The MF has a V8 perkins diesel


----------



## kkruk (May 8, 2015)

It was running up til last month then my hubby changed the oil and fuel filter
It's a MF 2745


----------



## Fedup (Feb 25, 2014)

Perkins V8? The only models that come to mind for '81 would be a 2775 or 2805?
Sounds like fun. Those things need a lot of battery, good starter, cables, and even a little bit of luck to crank for any length of time. Most versions used a rotary injection pump(injector lines come out the back of the pump in a circular pattern). 
You stated you have fuel when you "pump it in". At what point do you have fuel? I doubt it's to the injectors because the primer pump won't pump fuel to the injectors. Only cranking the engine (once the injection pump is fully charged) can do that. There should be bleeder vents on the pump somewhere. The hand primer should be used fill the filters, and then charge the injector pump until ALL air is removed and only a solid stream of fuel exits the bleed vent(there may be more than one). Next loosen some injector lines at the injectors(as many as you can of those that are the easiest to reach). Now it's up to the batteries. Crank the engine until fuel begins to appear at the injectors then tighten the lines. Maybe rest (charge if you can) the batteries if they're beginning to fade.
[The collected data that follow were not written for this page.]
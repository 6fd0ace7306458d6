-- ===== src/Client/NameWriting/Plan.antt =====
-- What `write_station_name` of src/solem_blip_ble/client_v2.py sends, and how it fails.
use solem_blip_ble.Common.{
  ℕ, ◌≡◌, refl, ap, ◌∙◌, ◌⊎◌, List, [], ◌∷◌, ◌++◌, arith, Bytes, if◌then◌else◌, ℤ, ok, ok-injective,
  >>=-eq-ok,
}
use mathlib.Core.Path.{subst}
use solem_blip_ble.Common.Text.{Str}
use solem_blip_ble.Names.{StationNameSnapshot}
use solem_blip_ble.Protocol.Metadata.{pack_station_name, pack_get_station_names}
use solem_blip_ble.Client.Polling.{
  Exception, stale_program, uncertain_write, invalid_snapshot, write_rejected, returns, raises,
}
use solem_blip_ble.Client.Handlers.{NameWrite, handle_name_notification}
use solem_blip_ble.Client.Session.{Session, only, unless_raised, PartWait, write_and_wait}
use solem_blip_ble.Client.Session.Log.{
  unless_raised-KeepsTo, judged-KeepsTo, judged-raises, KeepsTo, only-KeepsTo, one-KeepsTo,
  and_then-KeepsTo,
}
use package.solem_blip_ble.Client.NameWriting.{
  NameLimits, NameLink, name_read, name_part, name_acknowledged, write_name_part, write_name_parts,
  new_name_write, require_revision, name_transaction, name_verdict, write_station_name,
}

write_name_part-KeepsTo :
    (timeout : ℕ) (frame : Bytes) (part : PartWait) (s : NameWrite)
    → KeepsTo (frame ∷ []) (write_name_part timeout frame part s)
unfolding write_name_part write_and_wait
write_name_part-KeepsTo timeout frame part s =
    and_then-KeepsTo (frame ∷ []) []
      (write_and_wait name_acknowledged handle_name_notification timeout frame part
        (name_part frame s))
      (λ s'. only (if s'.rejected then raises uncertain_write else returns s'))
      (one-KeepsTo frame
        (write_and_wait name_acknowledged handle_name_notification timeout frame part
          (name_part frame s)).outcome)
      (λ s'. only-KeepsTo (if s'.rejected then raises uncertain_write else returns s'))

write_name_parts-KeepsTo :
    (timeout : ℕ) (frames : List Bytes) (parts : List PartWait) (s : NameWrite)
    → KeepsTo frames (write_name_parts timeout frames parts s)
unfolding write_name_parts KeepsTo
write_name_parts-KeepsTo timeout [] parts s = only-KeepsTo (returns s)
write_name_parts-KeepsTo timeout (frame ∷ frames) [] s = (frame ∷ frames, refl, tt)
write_name_parts-KeepsTo timeout (frame ∷ frames) (part ∷ parts) s =
    and_then-KeepsTo (frame ∷ []) frames (write_name_part timeout frame part s)
      (write_name_parts timeout frames parts) (write_name_part-KeepsTo timeout frame part s)
      (write_name_parts-KeepsTo timeout frames parts)

-- The request, the frames, and the request again.
abbrev pub name_plan : List Bytes → List Bytes
name_plan frames =
    (pack_get_station_names ∷ []) ++ ([] ++ (frames ++ ((pack_get_station_names ∷ []) ++ [])))

name_transaction-KeepsTo :
    (sha256 : Bytes → Str) (limits : NameLimits) (link : NameLink) (frames : List Bytes)
    (expected before : StationNameSnapshot)
    → KeepsTo (name_plan frames) (name_transaction sha256 limits link frames expected before)
unfolding name_transaction
name_transaction-KeepsTo sha256 limits link frames expected before =
    let request = pack_get_station_names ∷ [] in
    and_then-KeepsTo request ([] ++ (frames ++ (request ++ []))) (name_read limits link.preflight) _
      (one-KeepsTo pack_get_station_names (name_read limits link.preflight).outcome)
      (λ current.
        and_then-KeepsTo [] (frames ++ (request ++ []))
          (only (require_revision sha256 stale_program before current)) _
          (only-KeepsTo (require_revision sha256 stale_program before current))
          (λ current.
            and_then-KeepsTo frames (request ++ [])
              (write_name_parts limits.timeout frames link.parts new_name_write) _
              (write_name_parts-KeepsTo limits.timeout frames link.parts new_name_write)
              (λ s.
                and_then-KeepsTo request [] (name_read limits link.readback) _
                  (one-KeepsTo pack_get_station_names (name_read limits link.readback).outcome)
                  (λ actual.
                    only-KeepsTo (require_revision sha256 uncertain_write expected actual)))))

-- What is sent is a beginning of: the request, the frames of the name, each once, and the request
-- again. All of it is sent if the method returns.
pub write_station_name_plan :
    (sha256 : Bytes → Str) (limits : NameLimits) (link : NameLink) (station : ℤ) (name : Str)
    (expected before : StationNameSnapshot) (session : Session StationNameSnapshot)
    → write_station_name sha256 limits link station name expected before ≡ ok session
    → (frames : List Bytes) × (pack_station_name station name limits.max_station_num ≡ ok frames)
      × KeepsTo (name_plan frames) session
unfolding write_station_name
write_station_name_plan sha256 limits link station name expected before session h =
    let (frames, packed, same) =
      >>=-eq-ok (pack_station_name station name limits.max_station_num) _ h in
    (
      frames,
      packed,
      subst (KeepsTo (name_plan frames)) (ok-injective same) (
          judged-KeepsTo name_verdict (name_plan frames) _ (
            unless_raised-KeepsTo link.subscribed (name_plan frames) _
              (name_transaction-KeepsTo sha256 limits link frames expected before))),
    )

-- Every failure is one of the three verdicts, or a rejection.
pub write_station_name_verdict :
    (sha256 : Bytes → Str) (limits : NameLimits) (link : NameLink) (station : ℤ) (name : Str)
    (expected before : StationNameSnapshot) (session : Session StationNameSnapshot) (e : Exception)
    → write_station_name sha256 limits link station name expected before ≡ ok session
    → session.outcome ≡ raises e
    → (e ≡ uncertain_write) ⊎ (e ≡ write_rejected) ⊎ (e ≡ stale_program) ⊎ (e ≡ invalid_snapshot)
unfolding write_station_name name_verdict
write_station_name_verdict sha256 limits link station name expected before session e h failed =
    let (frames, packed, same) =
      >>=-eq-ok (pack_station_name station name limits.max_station_num) _ h in
    let (cause, was, became) =
      judged-raises name_verdict
        (unless_raised link.subscribed (name_transaction sha256 limits link frames expected before))
        e (ap (λ (t : Session StationNameSnapshot). t.outcome) (ok-injective same) ∙ failed) in
    ground arith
It will still require a bit if cranking, but if all is right, it should take off. 
A bit of advice for the next time you service your filters -- If you have a choice, don't change filters on a cold engine. I like to start it, let it warm up a bit before opening up the system. Get up to 100 degrees or so, enough that it's warm to the touch. A warm engine will start much easier, and the injector lines will be fully charged and pressurized, making the process much easier. Also a warm engine cranks easier and faster than a cold engine. This applies to most ALL tractors.


----------



## kkruk (May 8, 2015)

We will give these ideas a try when we are both off shift from work and I will keep you updated. Thank you


----------



## kkruk (May 8, 2015)

So we finally after changing parts and pieces managed to get someone to have a look at our MF. After all that we missed a fuse way under the dash, you literally had to lay under the dash to see it. Oh ya any when changing fuel filters don't forget to put the gasket in. OMG do we ever feel foolish.  But I would like to thank everyone for thier valuable input. When I get half a chance I will post those pictures. Thank you all again....


----------